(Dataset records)
####
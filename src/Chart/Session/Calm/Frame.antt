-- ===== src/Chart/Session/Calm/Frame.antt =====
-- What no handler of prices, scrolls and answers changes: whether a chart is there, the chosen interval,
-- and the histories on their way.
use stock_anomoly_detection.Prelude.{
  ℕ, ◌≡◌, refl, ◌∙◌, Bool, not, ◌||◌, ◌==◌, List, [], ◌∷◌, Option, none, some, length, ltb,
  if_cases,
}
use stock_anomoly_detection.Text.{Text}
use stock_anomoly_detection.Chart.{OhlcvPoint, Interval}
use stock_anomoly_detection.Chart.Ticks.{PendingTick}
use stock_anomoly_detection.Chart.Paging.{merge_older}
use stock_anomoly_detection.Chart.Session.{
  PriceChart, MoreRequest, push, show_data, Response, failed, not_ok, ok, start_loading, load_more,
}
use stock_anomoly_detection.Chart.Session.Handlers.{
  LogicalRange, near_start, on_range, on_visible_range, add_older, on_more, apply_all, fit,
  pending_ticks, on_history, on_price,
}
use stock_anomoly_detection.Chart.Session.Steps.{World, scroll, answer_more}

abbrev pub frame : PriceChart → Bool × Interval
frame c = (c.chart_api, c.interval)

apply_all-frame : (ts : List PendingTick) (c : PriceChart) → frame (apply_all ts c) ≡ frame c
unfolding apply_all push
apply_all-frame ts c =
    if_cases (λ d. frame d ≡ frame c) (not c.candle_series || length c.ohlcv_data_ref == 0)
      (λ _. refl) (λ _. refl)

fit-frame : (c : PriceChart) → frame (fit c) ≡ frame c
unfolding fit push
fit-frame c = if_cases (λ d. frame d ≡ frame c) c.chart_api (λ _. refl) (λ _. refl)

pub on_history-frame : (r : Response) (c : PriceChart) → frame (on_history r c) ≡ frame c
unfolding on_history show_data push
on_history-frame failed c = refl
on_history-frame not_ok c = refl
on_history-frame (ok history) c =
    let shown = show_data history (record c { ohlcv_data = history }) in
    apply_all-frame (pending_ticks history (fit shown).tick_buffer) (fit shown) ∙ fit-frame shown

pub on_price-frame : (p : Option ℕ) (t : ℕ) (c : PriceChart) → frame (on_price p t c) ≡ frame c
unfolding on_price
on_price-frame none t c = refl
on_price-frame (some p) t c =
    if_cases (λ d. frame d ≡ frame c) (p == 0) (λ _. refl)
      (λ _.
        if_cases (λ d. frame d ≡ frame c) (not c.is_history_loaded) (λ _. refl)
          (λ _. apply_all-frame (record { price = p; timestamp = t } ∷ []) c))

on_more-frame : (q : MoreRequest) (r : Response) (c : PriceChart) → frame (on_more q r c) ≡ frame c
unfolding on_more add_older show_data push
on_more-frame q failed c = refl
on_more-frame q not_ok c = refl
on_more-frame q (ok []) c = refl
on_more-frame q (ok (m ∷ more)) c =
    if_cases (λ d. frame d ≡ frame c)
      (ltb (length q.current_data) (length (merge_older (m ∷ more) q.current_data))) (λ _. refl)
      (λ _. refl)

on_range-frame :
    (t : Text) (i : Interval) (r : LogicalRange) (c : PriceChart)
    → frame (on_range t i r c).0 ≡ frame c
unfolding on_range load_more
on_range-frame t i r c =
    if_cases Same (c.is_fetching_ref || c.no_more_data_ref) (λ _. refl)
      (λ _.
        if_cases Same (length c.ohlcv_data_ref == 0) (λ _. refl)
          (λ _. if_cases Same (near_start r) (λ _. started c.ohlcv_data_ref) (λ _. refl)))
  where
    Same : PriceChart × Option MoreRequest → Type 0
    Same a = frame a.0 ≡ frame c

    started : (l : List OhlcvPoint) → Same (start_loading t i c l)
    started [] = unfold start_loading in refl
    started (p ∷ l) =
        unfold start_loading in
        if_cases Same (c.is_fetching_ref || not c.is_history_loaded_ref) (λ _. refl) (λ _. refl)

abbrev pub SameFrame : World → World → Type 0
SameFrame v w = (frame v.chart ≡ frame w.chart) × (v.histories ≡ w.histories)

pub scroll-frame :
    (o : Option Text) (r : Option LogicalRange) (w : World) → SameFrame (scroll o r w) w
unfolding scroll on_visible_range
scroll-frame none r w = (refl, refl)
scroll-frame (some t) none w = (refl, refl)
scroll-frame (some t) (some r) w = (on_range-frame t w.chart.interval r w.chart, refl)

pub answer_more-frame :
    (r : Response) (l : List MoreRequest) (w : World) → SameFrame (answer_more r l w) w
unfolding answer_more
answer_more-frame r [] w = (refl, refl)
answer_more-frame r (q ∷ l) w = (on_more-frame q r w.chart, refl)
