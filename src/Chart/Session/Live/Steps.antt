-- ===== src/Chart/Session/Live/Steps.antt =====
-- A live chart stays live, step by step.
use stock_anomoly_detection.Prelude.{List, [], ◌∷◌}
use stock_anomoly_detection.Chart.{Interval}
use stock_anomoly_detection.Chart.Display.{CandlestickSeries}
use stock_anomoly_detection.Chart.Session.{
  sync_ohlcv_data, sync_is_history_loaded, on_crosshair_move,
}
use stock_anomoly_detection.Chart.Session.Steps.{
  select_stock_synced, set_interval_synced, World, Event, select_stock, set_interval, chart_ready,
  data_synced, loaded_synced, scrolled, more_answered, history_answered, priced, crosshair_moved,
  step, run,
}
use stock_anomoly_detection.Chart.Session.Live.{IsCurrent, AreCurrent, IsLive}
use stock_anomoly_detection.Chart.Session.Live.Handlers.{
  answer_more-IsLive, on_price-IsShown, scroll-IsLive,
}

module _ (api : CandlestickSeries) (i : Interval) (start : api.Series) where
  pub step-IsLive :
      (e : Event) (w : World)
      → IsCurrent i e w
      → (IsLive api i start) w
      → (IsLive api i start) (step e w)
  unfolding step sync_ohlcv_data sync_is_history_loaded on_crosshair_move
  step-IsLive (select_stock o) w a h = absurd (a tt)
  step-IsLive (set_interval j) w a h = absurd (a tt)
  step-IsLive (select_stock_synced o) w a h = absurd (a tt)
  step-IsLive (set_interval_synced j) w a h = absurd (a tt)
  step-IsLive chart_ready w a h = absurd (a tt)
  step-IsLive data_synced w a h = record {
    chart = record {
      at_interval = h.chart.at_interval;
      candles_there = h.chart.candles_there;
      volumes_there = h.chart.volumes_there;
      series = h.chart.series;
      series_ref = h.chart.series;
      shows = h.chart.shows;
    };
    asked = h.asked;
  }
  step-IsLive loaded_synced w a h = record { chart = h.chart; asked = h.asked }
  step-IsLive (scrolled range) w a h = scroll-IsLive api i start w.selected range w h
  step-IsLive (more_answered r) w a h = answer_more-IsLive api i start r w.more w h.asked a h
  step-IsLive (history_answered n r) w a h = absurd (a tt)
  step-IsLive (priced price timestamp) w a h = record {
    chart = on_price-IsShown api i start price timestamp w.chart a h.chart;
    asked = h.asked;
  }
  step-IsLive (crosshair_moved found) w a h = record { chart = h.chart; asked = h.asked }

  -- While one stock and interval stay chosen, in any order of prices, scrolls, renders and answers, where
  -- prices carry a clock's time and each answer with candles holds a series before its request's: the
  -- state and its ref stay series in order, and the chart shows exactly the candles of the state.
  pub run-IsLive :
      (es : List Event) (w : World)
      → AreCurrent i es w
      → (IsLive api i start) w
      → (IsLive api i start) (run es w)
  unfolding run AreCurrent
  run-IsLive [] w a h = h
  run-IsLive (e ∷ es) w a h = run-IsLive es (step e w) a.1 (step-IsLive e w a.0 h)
####
WORK TO BE COMPLETED -
Copy the lines of the entries above that mention "some".

REPLY TO THE TASK -
  ℕ, ◌≡◌, refl, ◌∙◌, Bool, not, ◌||◌, ◌==◌, List, [], ◌∷◌, Option, none, some, length, ltb,
on_price-frame (some p) t c =
scroll-frame (some t) none w = (refl, refl)
scroll-frame (some t) (some r) w = (on_range-frame t w.chart.interval r w.chart, refl)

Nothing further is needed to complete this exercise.